Anonymous v. People

Steuer, J. (dissenting- in Matter of Fish v. Horn):

The background of this proceeding is a placement ordered by respondent in a situation similar to that presented in Matter of “ Anonymous ’’ v. People (20 AD 2d 395) decided herewith. In this case, the petitioner, Superintendent of Westfield State Farm, refused to honor the order of placement ordered by respondent, a Judge of the Family Court. Upon petitioner’s refusal to accept custody of the person as directed by the order, respondent issued a citation to punish petitioner for contempt. Before the return day of the citation, petitioner initiated the proceeding under review, which resulted in an order of the Supreme Court prohibiting respondent from proceeding in the contempt action.

On this appeal I believe there are only two questions involved. They are whether prohibition is a proper remedy and whether the Family Court has the power to punish for contempt for the failure to comply with its order. As to the first, there is no dispute with the position of the majority that prohibition is a proper remedy to test whether that power lies (cf. Matter of Nolan v. Court of Gen. Sessions, 11 N Y 2d 114; Matter of Kraemer v. County Court, 6 N Y 2d 363).
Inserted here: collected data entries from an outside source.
-- ===== src/Main/Recording.antt =====
-- What it means that a node has recorded that it is in a cluster, and which events keep the record.
use mariadb_ctrl.Prelude.{
  ℕ, String, ◌≡◌, ◌≢◌, sym, ap, ◌∙◌, true, none, List, [], ◌∷◌, ◌++◌, append_assoc, All, All-append,
}
use mariadb_ctrl.Go.Error.{ok}
use mariadb_ctrl.Go.World.{World, Event, Trace, started, wrote, signalled, cancelled, served}
use mariadb_ctrl.Go.Relations.{Extends}
use mariadb_ctrl.Go.Plain.{IsPlain, IsClosing}
use mariadb_ctrl.Env.{Env}
use mariadb_ctrl.DbHelper.Mysqld.{my_cnf, new_cluster, upgrade_args}
use mariadb_ctrl.Starter.{clustered}

-- an event that does not write the file
abbrev pub IsKept : String → Event → Type 0
IsKept f (wrote g c m e) = g ≢ f
IsKept f _ = Unit

-- A file that was written without an error is there and holds what was written, until it is written
-- again.
pub record Stores (env : Env) (f : String) : Type 0 where
  pub stat :
      (es t : Trace) (c : String) (m : ℕ)
      → All (IsKept f) es
      → env.stat (es ++ wrote f c m none ∷ t) f ≡ true
  pub read :
      (es t : Trace) (c : String) (m : ℕ)
      → All (IsKept f) es
      → env.read_file (es ++ wrote f c m none ∷ t) f ≡ ok c

-- In this trace, the last write to the file is one of CLUSTERED that has succeeded.
pub record Recorded (f : String) (t : Trace) : Type 0 where
  pub later : Trace
  pub earlier : Trace
  pub mode : ℕ
  pub split : t ≡ later ++ wrote f clustered mode none ∷ earlier
  pub kept : All (IsKept f) later

abbrev pub bootstrap_args : List String
bootstrap_args = my_cnf ∷ new_cluster ∷ []

-- an event that is no start of a new cluster and no write
abbrev pub Idle : Event → Type 0
Idle (started exe args r) = args ≢ bootstrap_args
Idle (wrote g c m e) = ⊥
Idle _ = Unit

-- an event that is no start of a new cluster, and no write but one of CLUSTERED to the file
abbrev pub Joins : String → Event → Type 0
Joins f (started exe args r) = args ≢ bootstrap_args
Joins f (wrote g c m e) = (g ≡ f) × (c ≡ clustered)
Joins f _ = Unit

pub Idle-plain : (e : Event) → IsPlain e → Idle e
Idle-plain (started exe args r) h = absurd h
Idle-plain (wrote g c m e) h = h
Idle-plain _ h = tt

pub Joins-plain : (f : String) (e : Event) → IsPlain e → Joins f e
Joins-plain f (started exe args r) h = absurd h
Joins-plain f (wrote g c m e) h = absurd h
Joins-plain f _ h = tt

pub Joins-closing : (f : String) (e : Event) → IsClosing e → Joins f e
Joins-closing f served h = tt
Joins-closing f cancelled h = tt
Joins-closing f (signalled pid signal x) h = tt
Joins-closing f _ h = absurd h

pub Joins-Idle : (f : String) (e : Event) → Idle e → Joins f e
Joins-Idle f (started exe args r) h = h
Joins-Idle f (wrote g c m e) h = absurd h
Joins-Idle f _ h = tt

pub IsKept-Idle : (f : String) (e : Event) → Idle e → IsKept f e
IsKept-Idle f (started exe args r) h = tt
IsKept-Idle f (wrote g c m e) h = absurd h
IsKept-Idle f _ h = tt

-- The two other starts of mysqld are no starts of a new cluster.
pub joining_args : my_cnf ∷ [] ≢ bootstrap_args
joining_args e = cc

pub upgrading_args : upgrade_args ≢ bootstrap_args
upgrading_args e = cc

pub All-map : (P Q : Event → Type 0) (es : Trace) → ((e : Event) → P e → Q e) → All P es → All Q es
All-map P Q [] f h = tt
All-map P Q (e ∷ es) f (p, h) = (f e p, All-map P Q es f h)

-- Idle events leave the record as it is.
pub Recorded-Extends :
    (f : String) (w v : World) → Extends Idle w v → Recorded f w.trace → Recorded f v.trace
Recorded-Extends f w v x h = record {
  later = x.added ++ h.later;
  earlier = h.earlier;
  mode = h.mode;
  split =
      x.grown
      ∙ ap (λ t. x.added ++ t) h.split
      ∙ sym (append_assoc x.added h.later (wrote f clustered h.mode none ∷ h.earlier));
  kept =
      All-append (IsKept f) x.added h.later (All-map Idle (IsKept f) x.added (IsKept-Idle f) x.all)
        h.kept;
}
But whether application of the remedy is called for depends wholly on whether the Family Court has the power to punish for contempt in the situation presented. If the power exists, it is quite immaterial to the decision of the application under review as to how it will be exercised, or even whether the situation is a proper case for its exercise. In this view of the case, the question of whether the court should have ordered placement in the institution in question is not significant. It might well be a different matter if the Family Court lacked jurisdiction to make an order of placement or if the institution were one to which that court could in no instance direct a person to be placed. Absent these factors, the order was proper as a jurisdictional matter and hence should have been obeyed, until and unless reversed or stayed by proper authority. The Warden of a prison does not have competence coequal or superior to a court to determine whether a person is rightfully committed to his custody. And it is of no moment that, absent the jurisdictional situation referred to, he may be quite correct in his contention that the person should rightfully have been ordered to another penal institution, or to none at all. Had the Warden any such right, he could with equal right question any possible flaw in the order or in the underlying conviction or finding. It is patent that he may not do so, and equally patent that attempts *404in that direction would create a condition of havoc requiring instantaneous correction.

We turn now to the question of whether the Family Court can enforce the Warden’s compliance by contempt. The contempt powers of the court are such as set out in section 156 of the Family Court Act reading: The provisions of the judiciary law relating to civil and criminal contempts apply to the family court, except that the family court may not treat a violation of any order of disposition as a civil or criminal contempt, unless specifically empowered to do so under this act.” It was held below that the Warden’s act was a violation of an order of disposition, and hence within the proscription against treating it as a contempt. While it is quite true that, generally speaking, the order was one of disposition, its dispositive character concerned only the person whose care was provided for. It must be quite clear that the purpose of the act was to provide sanctions other than contempt to insure compliance with the court’s orders. While the Family Court Act does not elsewhere authorize contempt proceedings under the denomination ‘ ‘ contempt ’ ’, it does in several places provide the usual consequences of a contemptuous disobedience on a procedure in all respects equivalent to a contempt proceeding (§§ 372, 454, 542). In all of these instances it is a person who has been the subject of a prior order who becomes liable to the process in the nature of the contempt (the neglectful parent, the person liable for support, the putative father in a paternity proceeding). The conclusion is inescapable that the restriction in section 156 means that, in situations other than those provided for in the cited and like sections, a person subject to an order shall not be proceeded against by way of contempt, or be subject to imprisonment for his failure to comply.

If this were not the purpose, the grant of contempt powers would be a futility. Obviously the power exists to insure the orderly functioning of the court. That cannot be carried out if the officers to whose execution the court’s mandates are entrusted can comply or refuse at their pleasure. Ordinarily there would be no question that a flouting of an order by such an official would best be met by contempt proceedings, and the limitation on the power of the Family Court Judges as regards contempt does not change this. A holding to the contrary necessitates taking a word out of context to produce an incongruous result.

If in this, as in all other instances, the power is abused, it will then be time to afford relief. But in the absence of knowledge of what will be done, an abuse should not be presumed.

*405Proceeding No. 1:

Botein, P. J., Eager, Steuer and Wither, JJ., concur.

Order, entered on August 21, 1963, unanimously reversed, on the law, without costs, and the matter remanded to the Family Court for disposition not inconsistent with the opinion of this court filed herein.

Proceeding No. 2:

Botein, P. J., and Eager, J., concur with Valente, J.; Steuer, J., dissents in opinion in which Wither, J., concurs.

Order, entered on May 16, 1963, affirmed, without costs.